These signals are facilitated by neurotransmitters, such as glutamate and GABA, which act as the vehicles moving along these neural pathways. 

Glutamate typically excites neuronal activity, while GABA inhibits it, creating a delicate balance essential for efficient brain function. However, there’s only so much neurotransmitter ‘traffic’a neuron can handle before the signals start to get jammed, akin to a traffic bottleneck on a busy road.

The prefrontal cortex, a key player in working memory, also has its limits. It functions like a sophisticated command center, managing various cognitive tasks. However, its resources are finite. When we overburden it with information, akin to overloading a command center with too much data, its efficiency diminishes. We struggle to concentrate, remember, and make decisions.

Then, our brain’s energy demands, primarily for glucose and oxygen, add another layer of constraint. The brain, despite constituting only about 2% of the body’s mass, consumes around 20% of its energy. This high energy requirement means that there is a threshold to how much information processing the brain can sustain before its performance starts to decline.

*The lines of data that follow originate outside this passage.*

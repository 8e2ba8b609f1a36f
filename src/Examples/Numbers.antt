-- ===== src/Examples/Numbers.antt =====
-- Numbers as the values of tokens.
use textiplex.Prelude.{◌+◌, ◌^◌, ◌≡◌, refl, [], ◌∷◌, arith}
use textiplex.Prelude.Int.{pos, negsuc}
use textiplex.Bytes.{compare_bytes}
use textiplex.Numeric.{
  put_uint, uint64, put_sortable_integer, decode_integer, compare_int,
  decode_integer-put_sortable_integer, compare_bytes-put_sortable_integer,
}
use textiplex.Numeric.Float.{
  put_sortable_float, decode_float, compare_bits, decode_float-put_sortable_float,
  compare_bytes-put_sortable_float,
}

decode_integer_example : decode_integer (put_sortable_integer (negsuc 4)) ≡ negsuc 4
decode_integer_example = decode_integer-put_sortable_integer (negsuc 4) (omega arith)

compare_int_example :
    compare_bytes (put_sortable_integer (negsuc 4)) (put_sortable_integer (pos 300))
    ≡ compare_int (negsuc 4) (pos 300)
compare_int_example =
    compare_bytes-put_sortable_integer (negsuc 4) (pos 300) (omega arith) (omega arith)

minus_five : put_sortable_integer (negsuc 4) ≡ 127 ∷ 255 ∷ 255 ∷ 255 ∷ 255 ∷ 255 ∷ 255 ∷ 251 ∷ []
unfolding put_sortable_integer put_uint uint64
minus_five = refl

decode_float_example : decode_float (put_sortable_float (2 ^ 63 + 5)) ≡ 2 ^ 63 + 5
decode_float_example = decode_float-put_sortable_float (2 ^ 63 + 5) (omega arith)

compare_bits_example :
    compare_bytes (put_sortable_float (2 ^ 63 + 5)) (put_sortable_float 3)
    ≡ compare_bits (2 ^ 63 + 5) 3
compare_bits_example = compare_bytes-put_sortable_float (2 ^ 63 + 5) 3 (omega arith) (omega arith)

All of these neurological limitations may have played a key role in our survival and evolution: The ability to quickly process a few relevant pieces of information (like threats or resources) was more adaptive than the ability to process a large amount of information slowly.

These factors combined—neuronal traffic, neurotransmitter balance, prefrontal cortex capacity, and energy demands—create a threshold for cognitive load. Exceed this threshold, and our cognitive functions, like learning, attention, and problem-solving, start to falter. 

And here’s the problem:

Every misplaced shirt or jeans, every borrowed item not returned properly unnecessarily increases cognitive load; a constant background of noise, irrelevant to your goals, overloading your attention. Conversely, the lower the cognitive load, the easier it is to get into a flow state—that optimal state of consciousness where we feel and function at our best.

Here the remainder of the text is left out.